Outros achados laboratoriais incluem hiperbilirrubinemia, hipercolesterolemia, hipoalbuminemia, hipofosfatemia, hipomagnesemia, hipocalemia. Os testes de coagulação podem estar alterados pela deficiência de vitamina K e devem ser realizados em casos de punção aspirativa ou biópsia. A urinálise pode revelar lipidúria e bilirubinúria. A dosagem de tiroxina total (T4T) e da glicemia podem ser realizadas para avaliar o acometimento concomitante pelo hipertiroidismo e Diabetes mellitus respectivamente. Os testes para exclusão das retroviroses felinas, leucemia viral felina (FeLV) e imunodeficiência felina a vírus (FIV) devem ser usados rotineiramente em todos os pacientes felinos. O teste para coronavírus felino pode ser preconizado, uma vez que a peritonite infecciosa felina (PIF) pode causar icterícia nos pacientes felinos acometidos.    
As alterações radiográficas abdominais mais comuns são a presença de hepatomegalia (margem ventral do fígado além do arco costal), deslocamento dorsal e caudal do estômago e deslocamento caudal do rim direito. Ao estudo ultrassonográfico de pacientes com LHF, percebe-se hepatomegalia e hiperecogenicidade homogênea difusa no fígado. A ultrassonografia pode auxiliar no procedimento de punção aspirativa guiada e na avaliação de possíveis complicações como hemorragias após biópsia. Outra importância do exame ultrassonográfico é a possibilidade de detecção de alterações relacionadas a outras doenças ou hepatopatias como colangites, neoplasias e  obstrução de via biliar extra-hepática, que podem acontecer juntamente com o quadro de lipidose.
Os diagnósticos diferenciais incluem colangite, cirrose hepática, obstrução de via biliar extra-hepática, neoplasias, anomalia porto-sistêmica, Diabetes mellitus, hipertireoidismo, PIF, FeLV, FIV, toxoplasmose, platinosomose e septicemia.
A abordagem terapêutica da lipidose tem como pilares a nutrição de qualidade, o fornecimento de micronutrientes (aminoácidos e vitaminas), tratamento suporte, cuidados intensivos de enfermagem e correção da causa subjacente, se houver.
A base do tratamento para LHF é a nutrição. A alimentação, essencial o para sucesso da terapia, pode ser dada por via oral através de alimentação espontânea, com a oferta de alimentos mais palatáveis e ou aquecidos com o objetivo de melhorar o aroma ou forçada com o auxílio de seringa. Outras formas de fornecer alimento ao gato anorético é através  da implantação de tubos de alimentação, principalmente a sonda esofágica. A sonda nasoesofágica pode ser uma alternativa para o momento inicial do tratamento, enquanto o gato é preparado para uma esofagostomia.
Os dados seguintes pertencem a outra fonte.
-- ===== src/Bank/Sim/Order.antt =====
-- banksim.c: whatever the order in which the messages of the ATMs reach the bank, the simulation ends.
use projects_in_c.Base.{
  ℕ, zero, suc, ◌+◌, ◌≤◌, ◌<◌, ◌≡◌, refl, ap, ap₂, List, [], ◌∷◌, Option, some, true, false, ◌==◌,
  length, replicate, length-replicate, Bool-cases, inl, inr, arith,
}
use projects_in_c.Base.Words.{rounds_to_nat, slt, IsNat}
use projects_in_c.Bank.Command.{Command, cmd_unpack}
use projects_in_c.Bank.Errors.{Errors, success}
use projects_in_c.Bank.Trace.Format.{trace_bytes, trace_open_lem}
use projects_in_c.Bank.Atm.{AtmState, is_request}
use projects_in_c.Bank.Atm.Laws.{own, AllRequests, atm_run-own}
use projects_in_c.Bank.Server.{Bank, Round, bank_open}
use projects_in_c.Bank.Server.Checks.{IsOpen}
use projects_in_c.Bank.Server.Ledger.Operations.{IsKnown}
use projects_in_c.Bank.Server.Run.{AllGood}
use projects_in_c.Bank.Sim.{
  replies_to, exchanges_of, written, run_atm, run_atms, no_bank, simulated, banksim,
}
use projects_in_c.Bank.Sim.History.{History, EndsIn, messages, run_bank-History, History-exchanges}

known-is_request : (c : ℕ) → IsKnown c → is_request c ≡ true
unfolding is_request
known-is_request c h = ground arith

-- An ATM's messages that the bank is given are requests.
good-AllRequests :
    (accounts atms i : ℕ) (rs : List Round)
    → AllGood accounts atms rs
    → AllRequests (own i (messages rs))
good-AllRequests accounts atms i [] h = tt
good-AllRequests accounts atms i (r ∷ rs) (good, h) =
    let rest = good-AllRequests accounts atms i rs h in
    elim (Bool-cases (i == (cmd_unpack r.cmd).i)) [
      | inr other ↦ rw other rest
      | inl mine ↦ rw mine (known-is_request (cmd_unpack r.cmd).c good.known, rest)
    ]

no_length {ℓ} : {A : Type ℓ} (xs : List A) → length xs ≡ 0 → xs ≡ []
no_length [] h = refl
no_length (x ∷ xs) h = absurd (omega arith)

-- The ATMs with a success, from the states that they end in.
abbrev pub all_successful : List AtmState → List (Option ℕ × AtmState)
all_successful [] = []
all_successful (s ∷ ss) = (some success, s) ∷ all_successful ss

-- The ATMs from `i` on have sent their messages of the trace, and have got a reply to each.
abbrev pub AllSent : List Command → ℕ → List AtmState → Type 0
AllSent cmds i [] = Unit
AllSent cmds i (s ∷ ss) = (s.outbox ≡ own i cmds) × (s.exchanges ≡ []) × AllSent cmds (suc i) ss

bank_open-IsOpen :
    (atms accounts : ℕ) (e : Errors)
    → IsNat atms
    → IsNat accounts
    → IsOpen (bank_open atms accounts (no_bank e))
unfolding bank_open
bank_open-IsOpen atms accounts e ha hc = record {
  size = rw (rounds_to_nat accounts hc) (length-replicate accounts 0);
  accounts_fit = hc;
  atms_fit = ha;
}

same_requests : (xs ys : List Command) → xs ≡ ys → AllRequests xs → AllRequests ys
same_requests xs ys e h = rw e at h

not_negative : (n : ℕ) → IsNat n → slt n 0 ≡ false
unfolding slt
not_negative n h = ground arith

module _ (atms accounts fuel : ℕ) (cmds : List Command) (buffer : Command) (e : Errors)
    (rs : List Round) (ha : IsNat atms) (hc : IsNat accounts) (enough : length cmds < fuel)
    (good : AllGood accounts atms rs)
    (order : (i : ℕ) → i < atms → own i (messages rs) ≡ own i cmds) where
  abbrev file : Option (List ℕ)
  file = some (trace_bytes atms accounts cmds)

  run_atm-Sent :
      (i : ℕ) (xs ys : List ℕ) (ms : List (ℕ × Command))
      → i < atms
      → History accounts rs xs ys ms
      → (s : AtmState) × (run_atm fuel file buffer e ms i ≡ (some success, s))
        × (s.outbox ≡ own i cmds)
        × (s.exchanges ≡ [])
  unfolding run_atm
  run_atm-Sent i xs ys ms lt history =
      let (complete, same) = History-exchanges i history in
      let (s, run, sent) =
        atm_run-own atms accounts i fuel cmds buffer
          (record {
            exchanges = exchanges_of (replies_to i ms);
            errors = e;
            outbox = [];
            notices = [];
          })
          (omega arith) (omega arith) enough complete
          (same_requests (own i (messages rs)) (own i cmds) (order i lt)
            (good-AllRequests accounts atms i rs good))
          (omega (arith, same, ap length (order i lt))) in
      (
        s,
        run,
        sent.outbox,
        no_length s.exchanges (omega (arith, sent.used, same, ap length (order i lt))),
      )

  run_atms-Sent :
      (count i : ℕ) (xs ys : List ℕ) (ms : List (ℕ × Command))
      → i + count ≤ atms
      → History accounts rs xs ys ms
      → (ss : List AtmState) × (run_atms fuel file buffer e ms count i ≡ all_successful ss)
        × (length ss ≡ count)
        × AllSent cmds i ss
  unfolding run_atms
  run_atms-Sent zero i xs ys ms le history = ([], refl, refl, tt)
  run_atms-Sent (suc count) i xs ys ms le history =
      let (s, run, sent, none_left) = run_atm-Sent i xs ys ms (omega arith) history in
      let (ss, runs, size, all) = run_atms-Sent count (suc i) xs ys ms (omega arith) history in
      (
        s ∷ ss,
        ap₂ (λ (x : Option ℕ × AtmState) (xs : List (Option ℕ × AtmState)). x ∷ xs) run runs,
        ap suc size,
        (sent, none_left, all),
      )

  -- banksim is run on a whole trace file, whose counts fit an `int`, with fuel for one round more
  -- than there are messages. The messages reach the bank in any order that keeps each ATM's own as
  -- in the trace: every message is whole, of a known kind and from an ATM of the trace, an ATM that
  -- asks for the balance of an account that there is has an account with its own number, and the
  -- last message is the one with which the last ATM leaves. Then the bank and every ATM end with
  -- success. The messages take the balances from 0 to those at the end as the steps of the ledger
  -- do, in that order, the bank has written the replies of these steps and no others, each to the
  -- ATM of the message, and every ATM has sent its messages of the trace and has no reply left.
  pub banksim-History :
      EndsIn atms rs
      → (b' : Bank) × (ss : List AtmState) × (banksim fuel file buffer e rs
          ≡ simulated (all_successful ss) (some (some success, b', 0)))
        × History accounts rs (replicate accounts 0) b'.accounts b'.outbox
        × (length ss ≡ atms)
        × AllSent cmds 0 ss
  unfolding banksim bank_open written
  banksim-History last =
      let (b', ms, run, out, history) =
        run_bank-History rs (bank_open atms accounts (no_bank e)) atms
          (bank_open-IsOpen atms accounts e ha hc) (omega arith) good last in
      let kept : History accounts rs (replicate accounts 0) b'.accounts b'.outbox =
        rw out (rw (rounds_to_nat accounts hc) at history) in
      let (ss, runs, size, all) =
        run_atms-Sent atms 0 (replicate accounts 0) b'.accounts b'.outbox (omega arith) kept in
      (
        b',
        ss,
        rw
            (
              trace_open_lem atms accounts cmds (omega arith) (omega arith),
              run,
              not_negative atms ha,
              runs,
            )
            refl,
        kept,
        size,
        all,
      )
O tratamento de suporte pode ser feito com fluidoterapia, antibioticoterapia e  antieméticos e protetores gástricos. A ondansetrona é indicada para os gatos que apresentam bastante náusea.
Os micronutrientes coadjuvantes do tratamento da LHF são as vitaminas do complexo B (B1 e B12), vitamina E como antioxidante, vitamina K para os casos de coagulopatias e os aminoácidos como taurina, arginina, L-carnitina e SaME. Outras opções medicamentosas são a silimarina e o ácido ursodesoxicólico mais comumente usados em casos de colangites associadas.  
O prognóstico para a LHF é reservado.  Mesmo aqueles gatos submetidos à tratamento adequado com  intenso suporte nutricional  e cuidados de enfermagem intensivos podem apresentar uma taxa de mortalidade de 40%. Os gatos não tratados satisfatoriamente chegam a mostrar 90% de mortalidade.